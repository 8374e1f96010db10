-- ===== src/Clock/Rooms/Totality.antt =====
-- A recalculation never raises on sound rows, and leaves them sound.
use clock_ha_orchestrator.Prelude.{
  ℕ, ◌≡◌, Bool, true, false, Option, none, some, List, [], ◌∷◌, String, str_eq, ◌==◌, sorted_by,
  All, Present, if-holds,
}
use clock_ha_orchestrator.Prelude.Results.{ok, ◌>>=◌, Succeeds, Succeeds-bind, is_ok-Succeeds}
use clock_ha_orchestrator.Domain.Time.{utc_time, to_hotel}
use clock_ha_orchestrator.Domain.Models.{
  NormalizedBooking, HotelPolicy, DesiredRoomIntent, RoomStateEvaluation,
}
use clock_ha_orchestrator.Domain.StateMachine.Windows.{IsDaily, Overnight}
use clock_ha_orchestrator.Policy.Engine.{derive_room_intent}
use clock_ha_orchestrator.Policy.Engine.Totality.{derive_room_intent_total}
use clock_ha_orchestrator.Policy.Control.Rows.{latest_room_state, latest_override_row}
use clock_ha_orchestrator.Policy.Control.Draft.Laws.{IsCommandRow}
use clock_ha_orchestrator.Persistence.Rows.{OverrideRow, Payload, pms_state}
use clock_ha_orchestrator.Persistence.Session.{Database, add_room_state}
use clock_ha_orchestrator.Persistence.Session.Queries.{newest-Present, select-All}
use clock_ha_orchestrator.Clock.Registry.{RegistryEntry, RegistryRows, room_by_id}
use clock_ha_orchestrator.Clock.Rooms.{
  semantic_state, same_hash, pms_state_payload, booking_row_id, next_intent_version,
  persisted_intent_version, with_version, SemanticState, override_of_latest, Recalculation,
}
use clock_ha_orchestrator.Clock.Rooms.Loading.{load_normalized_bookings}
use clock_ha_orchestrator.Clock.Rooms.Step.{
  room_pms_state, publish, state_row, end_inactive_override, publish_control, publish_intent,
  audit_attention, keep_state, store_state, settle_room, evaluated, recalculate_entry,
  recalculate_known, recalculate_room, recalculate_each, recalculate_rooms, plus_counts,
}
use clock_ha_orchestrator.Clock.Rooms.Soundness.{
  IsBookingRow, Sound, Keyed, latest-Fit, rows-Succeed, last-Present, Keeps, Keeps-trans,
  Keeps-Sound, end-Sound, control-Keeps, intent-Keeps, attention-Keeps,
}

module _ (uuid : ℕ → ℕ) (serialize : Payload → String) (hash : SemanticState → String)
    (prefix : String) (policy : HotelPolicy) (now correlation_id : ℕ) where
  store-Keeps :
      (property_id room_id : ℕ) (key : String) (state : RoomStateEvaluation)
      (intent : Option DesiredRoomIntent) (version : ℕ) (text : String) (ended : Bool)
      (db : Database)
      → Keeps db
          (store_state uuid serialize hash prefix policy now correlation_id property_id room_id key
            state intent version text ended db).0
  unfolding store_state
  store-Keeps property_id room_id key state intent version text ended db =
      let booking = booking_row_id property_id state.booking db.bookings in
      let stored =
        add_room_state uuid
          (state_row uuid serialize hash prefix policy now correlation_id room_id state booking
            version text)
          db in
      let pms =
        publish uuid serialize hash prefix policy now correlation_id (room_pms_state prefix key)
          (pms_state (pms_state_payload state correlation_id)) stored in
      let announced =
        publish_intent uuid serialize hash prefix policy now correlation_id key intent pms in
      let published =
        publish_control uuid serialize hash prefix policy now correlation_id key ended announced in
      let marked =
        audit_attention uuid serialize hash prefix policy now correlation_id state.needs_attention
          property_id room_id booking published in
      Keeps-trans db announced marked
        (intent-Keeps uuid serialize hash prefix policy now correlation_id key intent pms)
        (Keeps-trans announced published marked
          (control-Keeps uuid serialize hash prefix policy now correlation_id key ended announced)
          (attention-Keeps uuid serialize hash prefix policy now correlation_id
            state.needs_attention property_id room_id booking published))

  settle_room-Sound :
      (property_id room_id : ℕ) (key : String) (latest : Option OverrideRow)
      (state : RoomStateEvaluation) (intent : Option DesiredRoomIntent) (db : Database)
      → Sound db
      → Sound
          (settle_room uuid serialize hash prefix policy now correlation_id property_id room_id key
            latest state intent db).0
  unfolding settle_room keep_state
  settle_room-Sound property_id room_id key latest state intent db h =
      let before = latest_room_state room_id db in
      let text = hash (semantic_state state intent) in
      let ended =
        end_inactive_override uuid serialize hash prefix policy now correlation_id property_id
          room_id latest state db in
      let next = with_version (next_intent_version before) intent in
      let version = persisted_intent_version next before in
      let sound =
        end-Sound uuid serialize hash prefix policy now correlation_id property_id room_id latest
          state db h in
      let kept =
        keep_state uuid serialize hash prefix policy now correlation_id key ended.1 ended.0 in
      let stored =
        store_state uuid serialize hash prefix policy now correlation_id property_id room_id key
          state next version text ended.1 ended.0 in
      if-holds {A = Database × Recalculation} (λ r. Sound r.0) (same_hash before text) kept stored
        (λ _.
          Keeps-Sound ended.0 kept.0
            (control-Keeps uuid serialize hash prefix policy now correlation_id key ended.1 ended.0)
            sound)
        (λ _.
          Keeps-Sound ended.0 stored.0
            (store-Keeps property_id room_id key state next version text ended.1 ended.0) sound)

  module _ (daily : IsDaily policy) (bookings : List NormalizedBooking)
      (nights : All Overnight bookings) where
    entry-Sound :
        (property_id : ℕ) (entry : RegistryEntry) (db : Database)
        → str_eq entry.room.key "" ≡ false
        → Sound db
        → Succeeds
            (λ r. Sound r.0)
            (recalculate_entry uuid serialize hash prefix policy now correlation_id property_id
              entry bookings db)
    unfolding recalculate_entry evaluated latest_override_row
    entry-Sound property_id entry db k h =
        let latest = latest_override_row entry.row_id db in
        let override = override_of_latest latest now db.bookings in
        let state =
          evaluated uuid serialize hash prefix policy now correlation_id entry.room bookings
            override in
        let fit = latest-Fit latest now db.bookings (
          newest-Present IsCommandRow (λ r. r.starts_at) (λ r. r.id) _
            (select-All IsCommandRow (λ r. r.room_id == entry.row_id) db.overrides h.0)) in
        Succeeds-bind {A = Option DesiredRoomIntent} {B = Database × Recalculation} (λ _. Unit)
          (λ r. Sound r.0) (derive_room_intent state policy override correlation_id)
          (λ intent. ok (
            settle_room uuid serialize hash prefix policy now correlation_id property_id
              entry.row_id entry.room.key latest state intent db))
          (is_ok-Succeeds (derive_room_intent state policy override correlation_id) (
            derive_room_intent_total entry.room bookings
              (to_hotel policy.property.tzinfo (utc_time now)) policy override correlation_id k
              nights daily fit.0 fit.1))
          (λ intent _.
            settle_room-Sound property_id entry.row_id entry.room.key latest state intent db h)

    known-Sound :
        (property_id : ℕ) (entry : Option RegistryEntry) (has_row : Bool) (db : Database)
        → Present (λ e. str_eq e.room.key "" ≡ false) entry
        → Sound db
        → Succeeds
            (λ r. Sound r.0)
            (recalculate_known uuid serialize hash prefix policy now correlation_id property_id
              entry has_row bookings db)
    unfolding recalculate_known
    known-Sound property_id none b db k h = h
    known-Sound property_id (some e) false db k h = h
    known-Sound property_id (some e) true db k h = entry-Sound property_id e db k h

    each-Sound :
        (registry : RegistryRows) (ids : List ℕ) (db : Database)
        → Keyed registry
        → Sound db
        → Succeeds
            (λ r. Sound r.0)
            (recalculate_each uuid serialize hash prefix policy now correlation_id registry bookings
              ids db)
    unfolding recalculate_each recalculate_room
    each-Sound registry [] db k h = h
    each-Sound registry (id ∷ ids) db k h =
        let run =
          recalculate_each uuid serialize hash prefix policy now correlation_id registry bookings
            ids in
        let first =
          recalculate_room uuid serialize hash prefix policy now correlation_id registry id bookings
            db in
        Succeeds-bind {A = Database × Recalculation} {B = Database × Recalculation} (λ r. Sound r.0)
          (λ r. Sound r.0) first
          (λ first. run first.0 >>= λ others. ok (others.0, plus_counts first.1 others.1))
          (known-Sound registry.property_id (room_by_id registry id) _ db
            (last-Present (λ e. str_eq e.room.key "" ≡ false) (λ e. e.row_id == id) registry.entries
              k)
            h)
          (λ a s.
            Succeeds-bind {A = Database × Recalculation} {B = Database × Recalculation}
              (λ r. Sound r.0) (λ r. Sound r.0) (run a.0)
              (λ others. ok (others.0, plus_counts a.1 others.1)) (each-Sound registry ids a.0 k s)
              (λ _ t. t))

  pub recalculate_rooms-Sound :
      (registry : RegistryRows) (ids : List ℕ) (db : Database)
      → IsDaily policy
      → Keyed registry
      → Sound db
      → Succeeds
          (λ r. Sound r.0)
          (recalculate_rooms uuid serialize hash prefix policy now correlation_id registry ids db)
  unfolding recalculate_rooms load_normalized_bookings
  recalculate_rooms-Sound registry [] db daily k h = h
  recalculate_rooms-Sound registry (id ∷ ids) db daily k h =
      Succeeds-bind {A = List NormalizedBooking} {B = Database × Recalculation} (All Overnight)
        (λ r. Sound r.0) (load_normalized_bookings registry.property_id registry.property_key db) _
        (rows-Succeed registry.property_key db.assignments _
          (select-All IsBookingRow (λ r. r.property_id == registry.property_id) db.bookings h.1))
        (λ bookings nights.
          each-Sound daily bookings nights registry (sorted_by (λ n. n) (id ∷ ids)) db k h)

*What needs to be done*: In the entries above, find every line with the word "IsDaily" and list it.

*Answer for this exercise*:
use clock_ha_orchestrator.Domain.StateMachine.Windows.{IsDaily, Overnight}
  module _ (daily : IsDaily policy) (bookings : List NormalizedBooking)
      → IsDaily policy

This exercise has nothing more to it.